_Provided data_
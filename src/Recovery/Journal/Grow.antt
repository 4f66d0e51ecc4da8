-- ===== src/Recovery/Journal/Grow.antt =====
-- An entry more in a journal of crates/uf-daemon/src/ddr_recovery_journal.rs.
use uflow.Prelude.{
  ℕ, zero, suc, ◌+◌, ◌-◌, ◌≤◌, ◌<◌, ◌≡◌, refl, sym, ap, ◌∙◌, List, [], ◌∷◌, ◌++◌, some, All, arith,
  length, append_assoc, append-nil, u64_mod,
}
use native.Mathlib.Nat.{add-zero}
use uflow.Recovery.Journal.Checksum.{crc64}
use uflow.Recovery.Journal.Frame.{
  Kind, Frame, checked_bytes, encoded_bytes, max_payload, trailer_len,
}
use uflow.Recovery.Journal.Scan.{number_at}
use uflow.Recovery.Journal.Layout.{encoded-Parts, length-encoded_bytes}
use uflow.Recovery.Journal.Chain.{
  Entry, frame_of, entry_bytes, chain_bytes, chain_frames, chain_end,
}
use uflow.Recovery.Journal.Store.{frame_at, last_frame}

shift : (m n : ℕ) → m + suc n ≡ m + 1 + n
shift m n = omega arith

pub chain_bytes-append :
    (sequence previous : ℕ) (es : List Entry) (e : Entry)
    → chain_bytes sequence previous (es ++ (e ∷ []))
      ≡ chain_bytes sequence previous es
        ++ entry_bytes (sequence + length es) (chain_end sequence previous es) e
unfolding chain_bytes chain_end
chain_bytes-append sequence previous [] e =
    rw add-zero (append-nil (entry_bytes sequence previous e))
chain_bytes-append sequence previous (x ∷ es) e =
    let sum = (frame_of sequence previous x).checksum in
    ap (◌++◌ (entry_bytes sequence previous x)) (chain_bytes-append (sequence + 1) sum es e)
    ∙ rw (shift sequence (length es)) (
        sym (
          append_assoc (entry_bytes sequence previous x) (chain_bytes (sequence + 1) sum es)
            (entry_bytes (sequence + 1 + length es) (chain_end (sequence + 1) sum es) e)))

pub chain_frames-append :
    (sequence previous : ℕ) (es : List Entry) (e : Entry)
    → chain_frames sequence previous (es ++ (e ∷ []))
      ≡ chain_frames sequence previous es
        ++ (frame_of (sequence + length es) (chain_end sequence previous es) e ∷ [])
unfolding chain_frames chain_end
chain_frames-append sequence previous [] e = rw add-zero refl
chain_frames-append sequence previous (x ∷ es) e = rw (shift sequence (length es)) (
    ap (◌∷◌ (frame_of sequence previous x))
      (chain_frames-append (sequence + 1) (frame_of sequence previous x).checksum es e))

pub chain_end-append :
    (sequence previous : ℕ) (es : List Entry) (e : Entry)
    → chain_end sequence previous (es ++ (e ∷ []))
      ≡ (frame_of (sequence + length es) (chain_end sequence previous es) e).checksum
unfolding chain_end
chain_end-append sequence previous [] e = rw add-zero refl
chain_end-append sequence previous (x ∷ es) e =
    rw (shift sequence (length es))
      (chain_end-append (sequence + 1) (frame_of sequence previous x).checksum es e)

pub length-chain_frames :
    (sequence previous : ℕ) (es : List Entry)
    → length (chain_frames sequence previous es) ≡ length es
unfolding chain_frames
length-chain_frames sequence previous [] = refl
length-chain_frames sequence previous (x ∷ es) =
    ap suc (length-chain_frames (sequence + 1) (frame_of sequence previous x).checksum es)

-- A frame that is there stays where it is.
pub frame_at-append :
    (i : ℕ) (fs gs : List Frame) (f : Frame)
    → frame_at i fs ≡ some f
    → frame_at i (fs ++ gs) ≡ some f
unfolding frame_at
frame_at-append i [] gs f there = absurd (ground (arith, there))
frame_at-append zero (x ∷ fs) gs f there = there
frame_at-append (suc i) (x ∷ fs) gs f there = frame_at-append i fs gs f there

pub frame_at-length : (fs : List Frame) (f : Frame) → frame_at (length fs) (fs ++ (f ∷ [])) ≡ some f
unfolding frame_at
frame_at-length [] f = refl
frame_at-length (x ∷ fs) f = frame_at-length fs f

pub last_frame-append : (fs : List Frame) (f : Frame) → last_frame (fs ++ (f ∷ [])) ≡ some f
unfolding last_frame
last_frame-append [] f = refl
last_frame-append (x ∷ []) f = refl
last_frame-append (x ∷ y ∷ fs) f = last_frame-append (y ∷ fs) f

pub All-snoc {ℓ} :
    (P : Entry → Type ℓ) (es : List Entry) (e : Entry) → All P es → P e → All P (es ++ (e ∷ []))
All-snoc P [] e all last = (last, tt)
All-snoc P (x ∷ es) e (first, all) last = (first, All-snoc P es e all last)

-- The checksum that stands in an encoded frame.
pub checksum_of_frame :
    (kind : Kind) (sequence previous : ℕ) (payload : List ℕ)
    → sequence < u64_mod
    → previous < u64_mod
    → length payload ≤ max_payload
    → number_at
        (length (encoded_bytes kind sequence previous payload) - trailer_len)
        (length (encoded_bytes kind sequence previous payload) - trailer_len + 8)
        (encoded_bytes kind sequence previous payload)
      ≡ crc64 (checked_bytes kind sequence previous payload)
checksum_of_frame kind sequence previous payload small chained fits =
    let parts = encoded-Parts kind sequence previous payload [] small chained fits in
    rw (place, sym (append-nil (encoded_bytes kind sequence previous payload))) parts.checksum
  where
    place :
        length (encoded_bytes kind sequence previous payload) - trailer_len ≡ 28 + length payload
    place = omega (arith, length-encoded_bytes kind sequence previous payload)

_Problem to work on_
Every line of the material above should be transcribed as it stands.

_Task answer_
filename src/Recovery/Journal/Grow.antt
repository 4f66d0e51ecc4da8
-- ===== src/Recovery/Journal/Grow.antt =====
-- An entry more in a journal of crates/uf-daemon/src/ddr_recovery_journal.rs.
use uflow.Prelude.{
  ℕ, zero, suc, ◌+◌, ◌-◌, ◌≤◌, ◌<◌, ◌≡◌, refl, sym, ap, ◌∙◌, List, [], ◌∷◌, ◌++◌, some, All, arith,
  length, append_assoc, append-nil, u64_mod,
}
use native.Mathlib.Nat.{add-zero}
use uflow.Recovery.Journal.Checksum.{crc64}
use uflow.Recovery.Journal.Frame.{
  Kind, Frame, checked_bytes, encoded_bytes, max_payload, trailer_len,
}
use uflow.Recovery.Journal.Scan.{number_at}
use uflow.Recovery.Journal.Layout.{encoded-Parts, length-encoded_bytes}
use uflow.Recovery.Journal.Chain.{
  Entry, frame_of, entry_bytes, chain_bytes, chain_frames, chain_end,
}
use uflow.Recovery.Journal.Store.{frame_at, last_frame}

shift : (m n : ℕ) → m + suc n ≡ m + 1 + n
shift m n = omega arith

pub chain_bytes-append :
    (sequence previous : ℕ) (es : List Entry) (e : Entry)
    → chain_bytes sequence previous (es ++ (e ∷ []))
      ≡ chain_bytes sequence previous es
        ++ entry_bytes (sequence + length es) (chain_end sequence previous es) e
unfolding chain_bytes chain_end
chain_bytes-append sequence previous [] e =
    rw add-zero (append-nil (entry_bytes sequence previous e))
chain_bytes-append sequence previous (x ∷ es) e =
    let sum = (frame_of sequence previous x).checksum in
    ap (◌++◌ (entry_bytes sequence previous x)) (chain_bytes-append (sequence + 1) sum es e)
    ∙ rw (shift sequence (length es)) (
        sym (
          append_assoc (entry_bytes sequence previous x) (chain_bytes (sequence + 1) sum es)
            (entry_bytes (sequence + 1 + length es) (chain_end (sequence + 1) sum es) e)))

pub chain_frames-append :
    (sequence previous : ℕ) (es : List Entry) (e : Entry)
    → chain_frames sequence previous (es ++ (e ∷ []))
      ≡ chain_frames sequence previous es
        ++ (frame_of (sequence + length es) (chain_end sequence previous es) e ∷ [])
unfolding chain_frames chain_end
chain_frames-append sequence previous [] e = rw add-zero refl
chain_frames-append sequence previous (x ∷ es) e = rw (shift sequence (length es)) (
    ap (◌∷◌ (frame_of sequence previous x))
      (chain_frames-append (sequence + 1) (frame_of sequence previous x).checksum es e))

pub chain_end-append :
    (sequence previous : ℕ) (es : List Entry) (e : Entry)
    → chain_end sequence previous (es ++ (e ∷ []))
      ≡ (frame_of (sequence + length es) (chain_end sequence previous es) e).checksum
unfolding chain_end
chain_end-append sequence previous [] e = rw add-zero refl
chain_end-append sequence previous (x ∷ es) e =
    rw (shift sequence (length es))
      (chain_end-append (sequence + 1) (frame_of sequence previous x).checksum es e)

pub length-chain_frames :
    (sequence previous : ℕ) (es : List Entry)
    → length (chain_frames sequence previous es) ≡ length es
unfolding chain_frames
length-chain_frames sequence previous [] = refl
length-chain_frames sequence previous (x ∷ es) =
    ap suc (length-chain_frames (sequence + 1) (frame_of sequence previous x).checksum es)

-- A frame that is there stays where it is.
pub frame_at-append :
    (i : ℕ) (fs gs : List Frame) (f : Frame)
    → frame_at i fs ≡ some f
    → frame_at i (fs ++ gs) ≡ some f
unfolding frame_at
frame_at-append i [] gs f there = absurd (ground (arith, there))
frame_at-append zero (x ∷ fs) gs f there = there
frame_at-append (suc i) (x ∷ fs) gs f there = frame_at-append i fs gs f there

pub frame_at-length : (fs : List Frame) (f : Frame) → frame_at (length fs) (fs ++ (f ∷ [])) ≡ some f
unfolding frame_at
frame_at-length [] f = refl
frame_at-length (x ∷ fs) f = frame_at-length fs f

pub last_frame-append : (fs : List Frame) (f : Frame) → last_frame (fs ++ (f ∷ [])) ≡ some f
unfolding last_frame
last_frame-append [] f = refl
last_frame-append (x ∷ []) f = refl
last_frame-append (x ∷ y ∷ fs) f = last_frame-append (y ∷ fs) f

pub All-snoc {ℓ} :
    (P : Entry → Type ℓ) (es : List Entry) (e : Entry) → All P es → P e → All P (es ++ (e ∷ []))
All-snoc P [] e all last = (last, tt)
All-snoc P (x ∷ es) e (first, all) last = (first, All-snoc P es e all last)

-- The checksum that stands in an encoded frame.
pub checksum_of_frame :
    (kind : Kind) (sequence previous : ℕ) (payload : List ℕ)
    → sequence < u64_mod
    → previous < u64_mod
    → length payload ≤ max_payload
    → number_at
        (length (encoded_bytes kind sequence previous payload) - trailer_len)
        (length (encoded_bytes kind sequence previous payload) - trailer_len + 8)
        (encoded_bytes kind sequence previous payload)
      ≡ crc64 (checked_bytes kind sequence previous payload)
checksum_of_frame kind sequence previous payload small chained fits =
    let parts = encoded-Parts kind sequence previous payload [] small chained fits in
    rw (place, sym (append-nil (encoded_bytes kind sequence previous payload))) parts.checksum
  where
    place :
        length (encoded_bytes kind sequence previous payload) - trailer_len ≡ 28 + length payload
    place = omega (arith, length-encoded_bytes kind sequence previous payload)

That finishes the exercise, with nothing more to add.